Why the Plural Changes Everything
The book’s culminating argument — that the resolution of the power-versus-love debate “requires but one simple step, a move from the singular to the plural” — sounds deceptively simple. It is, in fact, the core of Hillman’s entire archetypal psychology applied to political and economic life. A monotheism of profit produces the same pathology as a monotheism of efficiency or a monotheism of heroism: it flattens the imaginal field, eliminates alternatives, and drives toward the very catastrophe it seeks to prevent. Pluralizing profit — making it accountable to beauty, to future generations, to the spirit — is not a moral correction but a psychological one, a restoration of polytheistic consciousness within the marketplace.

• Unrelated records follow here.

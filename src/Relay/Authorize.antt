-- ===== src/Relay/Authorize.antt =====
-- ui/app/relay.py: eligible, authorize, revoke and renewed. The JSON texts of the settings, the
-- certificate files, the PKI index, the guest markers and the network settings are read through a
-- `World`, which also gives the time.
use openvpn_server.Base.{
  ℕ, Bool, true, false, not, ◌&&◌, ◌||◌, Option, none, some, List, [], ◌∷◌, ◌++◌, Text, text_eq,
  codes, nonempty, if◌then◌else◌, leb, ltb, length, drop, starts_with, partition, delete_where,
  coalesce,
}
use openvpn_server.Db.Schema.{Db}
use openvpn_server.Db.History.{get_setting, set_setting}
use openvpn_server.Pki.Names.{is_valid_name}

-- The value of a setting "relay_client:<name>".
pub record Grant : Type 0 where
  pub serial : Text
  pub secret : Text

-- The value of the setting "apple_relay".
pub record Config : Type 0 where
  pub enabled : Bool
  pub url : Text

-- `cert_info` of an issued certificate.
pub record Cert : Type 0 where
  pub cn : Text
  pub serial : Text
  pub not_before : Option ℕ
  pub not_after : Option ℕ

-- The portal of the guests, and the routes that guests may not use.
pub record Portal : Type 0 where
  pub host : Text
  pub target : Text
  pub hosts : List Text

-- JSON reading fails with ValueError, KeyError or TypeError, which is `none`.
pub record World : Type 0 where
  pub parse_grant : Text → Option Grant
  pub show_grant : Grant → Text
  pub parse_config : Text → Option Config
  pub secret_hash : Text → Text
  -- `cert_info` of issued/<name>.crt
  pub cert_info : Text → Option Cert
  -- the status of a serial in index.txt, or `none` where the index cannot be read
  pub index : Option (Text → Option Text)
  pub is_guest : Text → Bool
  -- `guest_portal()` and the saved routes, or `none` where they cannot be read
  pub network : Option (Option Portal × List Text)
  pub now : ℕ

pub data Outcome {ℓ} (A : Type ℓ) : Type ℓ where
  returned : A → Outcome A
  -- an exception that the policy service answers with 503
  unavailable : Outcome A
  -- PkiError
  refused : Outcome A

-- The part of `eligible` after the certificate is read, with the entry of the index.
abbrev pub is_current : World → Cert → Option Text → Bool
is_current w cert none = false
is_current w cert (some status) =
    text_eq status (codes "V")
    && (ltb w.now (coalesce cert.not_after 0) && leb (coalesce cert.not_before 0) w.now)

unfoldable pub eligible_cert : World → Text → Option Cert → Option Cert
eligible_cert w name none = none
eligible_cert w name (some cert) = if not (text_eq cert.cn name) then none else (elim w.index [
  | none ↦ none
  | some entry ↦ if is_current w cert (entry cert.serial) then some cert else none
])

unfoldable pub eligible : World → Text → Outcome (Option Cert)
eligible w name =
    if is_valid_name name then returned (eligible_cert w name (w.cert_info name)) else refused

abbrev pub grant_key : Text → Text
grant_key name = codes "relay_client:" ++ name

unfoldable pub revoke : Text → Db → Db
revoke name db = record db {
  settings = delete_where (λ s. text_eq s.key (grant_key name)) db.settings;
}

-- `get_settings(db)`: the saved configuration, or the defaults.
abbrev pub get_config : World → Db → Option Config
get_config w db = elim (get_setting db (codes "apple_relay")) [
  | none ↦ some (record { enabled = false; url = [] })
  | some raw ↦ w.parse_config raw
]

pub record Policy : Type 0 where
  pub client : Text
  pub credential_id : Text
  pub guest : Bool
  pub url : Text
  pub allowed_cidrs : List Text
  pub blocked_cidrs : List Text
  pub portal : Option Portal

abbrev pub policy_of : World → Text → Grant → Config → Bool → Option Portal → List Text → Policy
policy_of w name grant config guest portal routes = record {
  client = name;
  credential_id = w.secret_hash grant.secret;
  guest = guest;
  url = config.url;
  allowed_cidrs = codes "0.0.0.0/0" ∷ codes "::/0" ∷ [];
  blocked_cidrs = routes;
  portal = portal;
}

-- What a guest is limited by; a full-access client has no portal and no blocked routes.
unfoldable pub limits : World → Bool → Bool → Outcome (Option (Option Portal × List Text))
limits w strict false = returned (some (none, []))
limits w strict true = elim w.network [
  | none ↦ (if strict then unavailable else returned none)
  | some found ↦ returned (some found)
]

-- `authorize` from the reading of the certificate on.
unfoldable pub admit : World → Bool → Text → Grant → Config → Option Cert → Outcome (Option Policy)
admit w strict name grant config none = returned none
admit w strict name grant config (some cert) =
    if config.enabled && text_eq cert.serial grant.serial
    then (elim (limits w strict (w.is_guest name)) [
      | unavailable ↦ unavailable
      | refused ↦ refused
      | returned none ↦ returned none
      | returned (some (portal, routes)) ↦
          returned (some (policy_of w name grant config (w.is_guest name) portal routes))
    ])
    else returned none

-- The steps of `authorize`, each from what the step before has read.
unfoldable pub after_config :
    World → Bool → Text → Grant → Option Cert → Option Config → Outcome (Option Policy)
after_config w strict name grant cert none = unavailable
after_config w strict name grant cert (some config) = admit w strict name grant config cert

unfoldable pub after_cert :
    World → Db → Bool → Text → Grant → Outcome (Option Cert) → Outcome (Option Policy)
after_cert w db strict name grant unavailable = unavailable
after_cert w db strict name grant refused = refused
after_cert w db strict name grant (returned cert) =
    after_config w strict name grant cert (get_config w db)

unfoldable pub after_grant :
    World → Db → Bool → Text → Text → Option Grant → Outcome (Option Policy)
after_grant w db strict name secret none = unavailable
after_grant w db strict name secret (some grant) =
    if not (text_eq secret grant.secret)
    then returned none
    else after_cert w db strict name grant (eligible w name)

unfoldable pub after_setting :
    World → Db → Bool → Text → Text → Option Text → Outcome (Option Policy)
after_setting w db strict name secret none = returned none
after_setting w db strict name secret (some raw) =
    if not (nonempty raw)
    then returned none
    else after_grant w db strict name secret (w.parse_grant raw)

unfoldable pub authorize_client : World → Db → Bool → Text → Text → Outcome (Option Policy)
authorize_client w db strict name secret =
    after_setting w db strict name secret (get_setting db (grant_key name))

unfoldable pub authorize : World → Db → Text → Bool → Outcome (Option Policy)
authorize w db authorization strict =
    if not (starts_with authorization (codes "Bearer ")) || ltb 512 (length authorization)
    then returned none
    else (let (name, sep, secret) = partition (drop 7 authorization) b':' in
        if not sep then returned none else authorize_client w db strict name secret)

-- The credential of a renewed certificate: the grant moves on if it was bound to the previous one.
unfoldable pub rebind : World → Text → Text → Cert → Option Text → Db → Outcome Db
rebind w name previous_serial cert none db = returned db
rebind w name previous_serial cert (some raw) db = elim (w.parse_grant raw) [
  | none ↦ unavailable
  | some grant ↦ returned (
      if text_eq grant.serial previous_serial
      then set_setting (grant_key name) (w.show_grant (record grant { serial = cert.serial })) db
      else db)
]

unfoldable pub renewed : World → Db → Text → Text → Outcome Db
renewed w db name previous_serial = elim (eligible w name) [
  | unavailable ↦ unavailable
  | refused ↦ refused
  | returned none ↦ returned db
  | returned (some cert) ↦ rebind w name previous_serial cert (get_setting db (grant_key name)) db
]

-- The credential part of `profile`: the stored grant, or a new one with the secret that `secrets`
-- draws if there is none or it is bound to another certificate.
unfoldable pub grant_for : World → Text → Text → Cert → Option Text → Db → Outcome (Grant × Db)
grant_for w new_secret name cert none db =
    let grant : Grant = record { serial = cert.serial; secret = new_secret } in
    returned (grant, set_setting (grant_key name) (w.show_grant grant) db)
grant_for w new_secret name cert (some raw) db = elim (w.parse_grant raw) [
  | none ↦ unavailable
  | some grant ↦
      if text_eq grant.serial cert.serial
      then returned (grant, db)
      else (let fresh : Grant = record { serial = cert.serial; secret = new_secret } in
          returned (fresh, set_setting (grant_key name) (w.show_grant fresh) db))
]

unfoldable pub profile_grant : World → Db → Text → Text → Outcome (Grant × Db)
profile_grant w db new_secret name = elim (eligible w name) [
  | unavailable ↦ unavailable
  | refused ↦ refused
  | returned none ↦ refused
  | returned (some cert) ↦ grant_for w new_secret name cert (get_setting db (grant_key name)) db
]
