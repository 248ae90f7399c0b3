-- ===== src/Pki/Clients.antt =====
-- ui/app/pki.py, list_clients: the clients that the directories of the PKI name. The state of each
-- certificate comes from index.txt and the clock. A certificate is what `cert_info` reads of its
-- file, without the fingerprint; `none` is a file that it cannot read.
use openvpn_server.Base.{
  ℕ, Bool, false, ◌||◌, Option, none, some, List, [], ◌∷◌, ◌++◌, Text, codes, text_eq, nonempty,
  if◌then◌else◌, leb, any, coalesce, order_by,
}
use openvpn_server.Relay.Authorize.{Cert}

pub record IndexEntry : Type 0 where
  pub serial : Text
  pub status : Text
  pub expires : Option ℕ
  pub revoked_at : Option ℕ
  pub reason : Option Text

pub data State : Type 0 where
  valid expired revoked : State

pub record CertState : Type 0 where
  pub serial : Text
  pub cn : Text
  pub state : State
  pub not_before : Option ℕ
  pub not_after : Option ℕ
  pub revoked_at : Option ℕ
  pub reason : Option Text

pub record Listed : Type 0 where
  pub name : Text
  pub cert : CertState
  pub previous : Option CertState
  pub history : List CertState

-- index.txt; issued/ by name; renewed/issued/, `none` where there is no such file or it cannot be
-- read; revoked/certs_by_serial/. Each directory in the order of its file names.
pub record PkiDir : Type 0 where
  pub index : List IndexEntry
  pub issued : List (Text × Option Cert)
  pub renewed : Text → Option Cert
  pub revoked_certs : List (Option Cert)

unfoldable pub find_entry : Text → List IndexEntry → Option IndexEntry
find_entry serial [] = none
find_entry serial (e ∷ entries) =
    if text_eq e.serial serial then some e else find_entry serial entries

abbrev pub first_time : Option ℕ → Option ℕ → Option ℕ
first_time none b = b
first_time (some a) b = some a

abbrev pub entry_expires : Option IndexEntry → Option ℕ
entry_expires none = none
entry_expires (some e) = e.expires

abbrev pub is_revoked : Option IndexEntry → Bool
is_revoked none = false
is_revoked (some e) = text_eq e.status (codes "R")

abbrev pub is_past : Option ℕ → ℕ → Bool
is_past none now = false
is_past (some t) now = leb t now

abbrev pub revoked_at_of : Option IndexEntry → Option ℕ
revoked_at_of none = none
revoked_at_of (some e) = e.revoked_at

abbrev pub reason_of : Option IndexEntry → Option Text
reason_of none = none
reason_of (some e) = e.reason

unfoldable pub state_of : Option IndexEntry → Option ℕ → ℕ → State
state_of entry expires now =
    if is_revoked entry then revoked else if is_past expires now then expired else valid

unfoldable pub cert_state : ℕ → List IndexEntry → Cert → CertState
cert_state now index cert =
    let entry = find_entry cert.serial index in
    let expires = first_time cert.not_after (entry_expires entry) in
    record {
      serial = cert.serial;
      cn = cert.cn;
      state = state_of entry expires now;
      not_before = cert.not_before;
      not_after = expires;
      revoked_at = revoked_at_of entry;
      reason = reason_of entry;
    }

abbrev pub is_reserved_name : Text → Bool
is_reserved_name name = text_eq name (codes "server") || text_eq name (codes "ca")

abbrev pub previous_of : ℕ → List IndexEntry → Option Cert → Option CertState
previous_of now index none = none
previous_of now index (some cert) = some (cert_state now index cert)

-- The loop over issued/*.crt.
unfoldable pub list_issued : ℕ → PkiDir → List (Text × Option Cert) → List Listed
list_issued now dir [] = []
list_issued now dir ((name, none) ∷ rest) = list_issued now dir rest
list_issued now dir ((name, some cert) ∷ rest) =
    let others = list_issued now dir rest in
    if is_reserved_name name
    then others
    else record {
      name = name;
      cert = cert_state now dir.index cert;
      previous = previous_of now dir.index (dir.renewed name);
      history = [];
    }
      ∷ others

-- Adds to the history of the client of this name, or a client that only has a revoked certificate.
unfoldable pub add_history : Text → CertState → List Listed → List Listed
add_history name cert [] = record { name = name; cert = cert; previous = none; history = [] } ∷ []
add_history name cert (c ∷ cs) =
    if text_eq c.name name
    then record c { history = c.history ++ cert ∷ [] } ∷ cs
    else c ∷ add_history name cert cs

-- The loop over revoked/certs_by_serial/*.crt.
unfoldable pub list_revoked :
    ℕ → List IndexEntry → List Text → List (Option Cert) → List Listed → List Listed
list_revoked now index hidden [] cs = cs
list_revoked now index hidden (none ∷ rest) cs = list_revoked now index hidden rest cs
list_revoked now index hidden (some cert ∷ rest) cs =
    if any (λ s. text_eq s cert.serial) hidden
    then list_revoked now index hidden rest cs
    else list_revoked now index hidden rest (
        add_history (if nonempty cert.cn then cert.cn else cert.serial) (cert_state now index cert)
          cs)

abbrev pub newest_cert : CertState → CertState → Bool
newest_cert a b = leb (coalesce b.not_before 0) (coalesce a.not_before 0)

unfoldable pub sorted_histories : List Listed → List Listed
sorted_histories [] = []
sorted_histories (c ∷ cs) =
    record c { history = order_by newest_cert c.history } ∷ sorted_histories cs

unfoldable pub list_clients : ℕ → PkiDir → List Text → List Listed
list_clients now dir hidden =
    sorted_histories
      (list_revoked now dir.index hidden dir.revoked_certs (list_issued now dir dir.issued))

unfoldable pub find_listed : Text → List Listed → Option Listed
find_listed name [] = none
find_listed name (c ∷ cs) = if text_eq c.name name then some c else find_listed name cs
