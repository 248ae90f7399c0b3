-- ===== src/Api/Requests.antt =====
-- ui/app/main.py: requests, answers, and who a request comes from. A handler's answer stands beside
-- the database that it leaves; what it wrote before it fails is kept.
use openvpn_server.Base.{
  ◌≡◌, refl, ◌⊎◌, inl, inr, ℕ, Bool, true, false, not, ◌&&◌, Option, none, some, [], Text, codes,
  text_eq, nonempty, if◌then◌else◌, coalesce,
}
use openvpn_server.Db.Schema.{Db}
use openvpn_server.Auth.WebSessions.{SessionUser, get_session_user, delete_session}
use openvpn_server.Auth.Passwords.{Crypto}
use openvpn_server.Relay.Authorize.{World, Cert, Outcome, returned, unavailable, refused, eligible}

-- The value that a handler returns, or the status of the error that it answers.
pub data Answer {ℓ} (A : Type ℓ) : Type ℓ where
  ok : A → Answer A
  failed : ℕ → Answer A

pub record Request : Type 0 where
  pub ip : Text
  pub cookie : Option Text
  -- x-openvpn-portal-only
  pub portal_header : Option Text
  -- x-requested-with
  pub requested_with : Option Text
  pub origin : Option Text
  pub host : Text
  pub user_agent : Option Text

-- What the handlers call outside of the repository: the hash of a token, the password functions,
-- `str.lower`, and `urlsplit(...).netloc`.
pub record Env : Type 0 where
  pub crypto : Crypto
  pub token_hash : Text → Text
  pub lowercase : Text → Text
  pub netloc : Text → Text
  pub session_ttl : ℕ

abbrev pub portal_only : Request → Bool
portal_only r = text_eq (coalesce r.portal_header []) (codes "1")

-- `not cert or cert["serial"] != serial`
abbrev pub is_own_cert : Option Cert → Option Text → Bool
is_own_cert (some cert) (some serial) = text_eq cert.serial serial
is_own_cert _ _ = false

-- A client's certificate decides whether its session still counts; else the session is deleted.
unfoldable pub check_client :
    Env → Option Text → SessionUser → Db → Outcome (Option Cert) → Answer SessionUser × Db
check_client env cookie user db unavailable = (failed 500, db)
check_client env cookie user db refused = (failed 400, db)
check_client env cookie user db (returned cert) =
    if is_own_cert cert user.client_serial
    then (ok user, db)
    else (failed 401, delete_session env.token_hash db cookie)

-- The role is the account's: an administrator's has no client name.
unfoldable pub check_role :
    Env → World → Request → SessionUser → Db → Option Text → Answer SessionUser × Db
check_role env w r user db none = if portal_only r then (failed 401, db) else (ok user, db)
check_role env w r user db (some name) = check_client env r.cookie user db (eligible w name)

unfoldable pub check_user :
    Env → World → Request → Option SessionUser → Db → Answer SessionUser × Db
check_user env w r none db = (failed 401, db)
check_user env w r (some user) db = check_role env w r user db user.client_name

unfoldable pub signed_in_user : Env → World → Request → ℕ → Db → Answer SessionUser × Db
signed_in_user env w r now db =
    let (user, db') = get_session_user env.token_hash db r.cookie env.session_ttl true now in
    check_user env w r user db'

unfoldable pub check_admin : Answer SessionUser × Db → Answer SessionUser × Db
check_admin (failed status, db) = (failed status, db)
check_admin (ok user, db) = elim user.client_name [
  | none ↦ (ok user, db)
  | some name ↦ (failed 403, db)
]

unfoldable pub current_user : Env → World → Request → ℕ → Db → Answer SessionUser × Db
current_user env w r now db = check_admin (signed_in_user env w r now db)

-- The handler is called if `none`.
unfoldable pub csrf_check : Env → Request → Option ℕ
csrf_check env r =
    if not (text_eq (coalesce r.requested_with []) (codes "fetch"))
    then some 403
    else (let origin = coalesce r.origin [] in
        if nonempty origin
          && (not (text_eq origin (codes "null"))
              && not (text_eq (env.lowercase (env.netloc origin)) (env.lowercase r.host)))
        then some 403
        else none)

pub Answer-cases {ℓ} :
    {A : Type ℓ} (a : Answer A) → ((status : ℕ) × (a ≡ failed status)) ⊎ ((x : A) × (a ≡ ok x))
Answer-cases (failed status) = inl (status, refl)
Answer-cases (ok x) = inr (x, refl)

pub ok_eq {ℓ} : {A : Type ℓ} {x y : A} → ok x ≡ ok y → x ≡ y
ok_eq h = cc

For readers encountering depth psychology through its usual clinical or mythological portals, Kinds of Power offers something unavailable elsewhere in the tradition: a sustained demonstration that archetypal analysis applies not only to dreams, symptoms, and relationships but to the ideas that structure boardrooms, budgets, and national policy. No other work in the Hillman corpus — not Re-Visioning Psychology, not The Soul’s Code — takes the archetypal method so directly into the territory where most adults actually spend their waking lives. The book’s true audience is anyone who has felt the word “empowerment” ring hollow and suspected that the emptiness lives not in their personal psychology but in the impoverished idea of power itself.